Sexta-feira Santa – por olsen jr / rio negrinho.sc


 

SEXTA-FEIRA SANTA

 

O “dia não é de alegria!”…

Foi a primeira frase que ouvi, logo seguida de um complemento:  “as pessoas costumam meditar, fazer uma auto-análise daquilo que pretendem com a vida que levam, também se impõe uma espécie de penitência em que se inclui o jejum”…

Meu pai disse aquilo ao mesmo tempo em que me entregava uma obra “O Mais Belo Rabi”, com a recomendação “leia este livro”. A indicação vinha como uma ordem, e lá em casa se respeitava uma determinação paterna, pelo menos na infância. Era a primeira vez que ele me impunha uma leitura. Normalmente apenas comunicava os livros que havia comprado e estavam disponíveis na biblioteca. Sempre fui um rebelde e não gosto de imposições. Mas, acredito, naquele dia devia estar com um semblante indefinido, naquela incerteza que acompanha um “não saber qualquer”, a dúvida que antecede uma nova escolha, no caso, de recomeçar a leitura ou de descobrir uma obra interessante para se ler, mas voluntariamente, sem indicação externa. Tinha entre 9 e 12 anos e sabia, por experiência própria, que quando se tem uma tarefa para cumprir, o melhor era acabar logo com a incumbência e se livrar do peso de um remorso, a posteriori, e a maldita consciência do dever não cumprido. E já estava encarando a leitura como um compromisso e não um prazer pessoal dela decorrente. É Sexta-Feira Santa e existe uma aura no ar, como convém a um dia especial. Dia de consternação, de ficar só…

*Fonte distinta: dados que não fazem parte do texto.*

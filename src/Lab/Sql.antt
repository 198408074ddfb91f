-- ===== src/Lab/Sql.antt =====
-- The statements that the methods of `LabStore` run, with the constraints that its schema declares
-- (store.py, the script of `LabStore.open`): primary keys, the unique pair (issuer, subject), the
-- two unique indexes over the rows with `valid_to IS NULL`, and the references to `lab_users`.
-- A violated constraint raises `sqlite3.IntegrityError`.
use constella.Prelude.{
  ℕ, Bool, true, false, not, ◌&&◌, ◌||◌, ◌==◌, Option, none, some, [], ◌∷◌, ◌++◌, Text, text_eq,
  if◌then◌else◌, any, update_where,
}
use constella.Lab.Data.{
  Role, member, admin, UserStatus, active, pending_identity_review, User, Binding, Details, Store,
  ok, BindingStatus, raised, modify, integrity_error, Action, ◌>>◌,
}

abbrev pub is_admin : Role → Bool
is_admin admin = true
is_admin r = false

abbrev pub is_member : Role → Bool
is_member member = true
is_member r = false

abbrev pub is_active : UserStatus → Bool
is_active active = true
is_active s = false

abbrev pub is_pending : UserStatus → Bool
is_pending pending_identity_review = true
is_pending s = false

-- `role = 'admin' AND status = 'active'`
abbrev pub is_active_admin : User → Bool
is_active_admin u = is_admin u.role && is_active u.status

-- `WHERE id = ?`
abbrev pub has_id : Text → User → Bool
has_id k u = text_eq u.id k

abbrev pub binding_has_id : Text → Binding → Bool
binding_has_id k b = text_eq b.id k

abbrev pub same_identity : Text → Text → User → Bool
same_identity issuer subject u = text_eq u.access_issuer issuer && text_eq u.access_subject subject

-- `valid_to IS NULL`
abbrev pub is_open : Binding → Bool
is_open b = elim b.valid_to [ none ↦ true | some t ↦ false ]

-- The rows of the indexes `uq_lab_binding_user_node_active` and `uq_lab_binding_node_uid_active`.
abbrev pub same_user_node : Text → Text → Binding → Bool
same_user_node user node b = text_eq b.user_id user && text_eq b.node_id node

abbrev pub same_node_uid : Text → ℕ → Binding → Bool
same_node_uid node uid b = text_eq b.node_id node && (b.unix_uid == uid)

-- The condition of `can_bind` and of `reassign_binding`.
abbrev pub conflicts : Text → Text → ℕ → Binding → Bool
conflicts user node uid b = is_open b && (same_user_node user node b || same_node_uid node uid b)

-- A constraint of the schema.
unfoldable pub constraint : (Store → Bool) → Action (Unit {0})
constraint violated s = (if violated s then raised integrity_error else ok tt, s)

abbrev pub user_exists : Text → Store → Bool
user_exists k s = any (has_id k) s.users

-- `INSERT INTO lab_users`: the primary key and `UNIQUE(access_issuer, access_subject)`.
unfoldable pub insert_user : User → Action (Unit {0})
insert_user u = do
  constraint (user_exists u.id)
  constraint (λ s. any (same_identity u.access_issuer u.access_subject) s.users)
  modify (λ s. record s { users = s.users ++ (u ∷ []) })

-- `UPDATE lab_users SET … WHERE …`, of columns that no constraint names.
unfoldable pub update_users : (User → Bool) → (User → User) → Action (Unit {0})
update_users p f = modify (λ s. record s { users = update_where p f s.users })

-- `UPDATE lab_users SET access_issuer = ?, … WHERE id = ?`: no other row may have the identity.
unfoldable pub update_identity : Text → Text → Text → (User → User) → Action (Unit {0})
unfolding update_users
update_identity k issuer subject f = do
  constraint (λ s. any (λ u. not (has_id k u) && same_identity issuer subject u) s.users)
  update_users (has_id k) f

-- `INSERT INTO lab_account_bindings`, of a row with `valid_to` NULL.
unfoldable pub insert_binding : Binding → Action (Unit {0})
insert_binding b = do
  constraint (λ s. any (binding_has_id b.id) s.bindings)
  constraint (λ s. not (user_exists b.user_id s && user_exists b.created_by s))
  constraint (λ s. any (conflicts b.user_id b.node_id b.unix_uid) s.bindings)
  modify (λ s. record s { bindings = s.bindings ++ (b ∷ []) })

-- `UPDATE lab_account_bindings SET … WHERE …`. It never opens a closed row and never moves a row to
-- another user, node or uid, so the unique indexes hold after it where they held before.
unfoldable pub update_bindings : (Binding → Bool) → (Binding → Binding) → Action (Unit {0})
update_bindings p f = modify (λ s. record s { bindings = update_where p f s.bindings })

-- `valid_to = ?, ended_by = ?, status = ?, reason = ?`; `ended_by` refers to a user.
abbrev pub end_row : ℕ → Text → BindingStatus → (Option Text → Option Text) → Binding → Binding
end_row now actor status why b = record b {
  valid_to = some now;
  ended_by = some actor;
  status = status;
  reason = why b.reason;
}

unfoldable pub end_bindings :
    (Binding → Bool) → ℕ → Text → BindingStatus → (Option Text → Option Text) → Action (Unit {0})
unfolding update_bindings
end_bindings p now actor status why = do
  constraint (λ s. any p s.bindings && not (user_exists actor s))
  update_bindings p (end_row now actor status why)

-- `_audit_sql`
unfoldable pub audit_sql : Text → Text → Text → Details → ℕ → Action (Unit {0})
audit_sql actor target request details now = do
  constraint (λ s. not (user_exists actor s))
  modify λ s. record s {
    audit =
        record {
          occurred_at = now;
          actor_user_id = some actor;
          target_id = some target;
          request_id = request;
          details = details;
        }
        ∷ s.audit;
  }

Tudo passa num instantâneo enquanto observo um pai levando um filho pelas mãos em frente do banco onde estou em uma praça no centro da cidade, a criança vem sorrindo alheia ao que se celebra hoje, está contente – como disse Bertolt Brecht, porque ainda não havia recebido a má notícia… Mais além, outro garoto caminha sozinho, não tem a quem recorrer, por isso recorre a todos.  Aquela mãozinha estendida era de cortar o coração. Que espécie de sociedade permite tal desempenho? De repente me descubro nela, dentro dela, sou ela, logo a lembrança de Sartre, a respeito da obra “A Náusea”, afirmava que enquanto uma criança passasse fome no mundo, aquele livro não tinha o menor sentido. Era retórico para chamar a atenção sobre outra realidade, o que conseguiu…

Descubro-me, igualmente, sem ter a quem recorrer, estou tão só como aquele garoto, e por isso me lembro do meu pai e daquele livro, “O Mais Belo Rabi”, que tratava da vida de Jesus Cristo. Uma leitura gratificante, edênica, menos dolorida que o filme “A Paixão de Cristo”, dirigido por Mel Gibson. Depois, no ano seguinte voltei a relê-lo, e hoje apenas folheio as páginas detendo-me em parágrafos aleatórios alimentando a consciência de que a liberdade que permite essas elucubrações só faz sentido porque ainda não perdi a capacidade de me indignar!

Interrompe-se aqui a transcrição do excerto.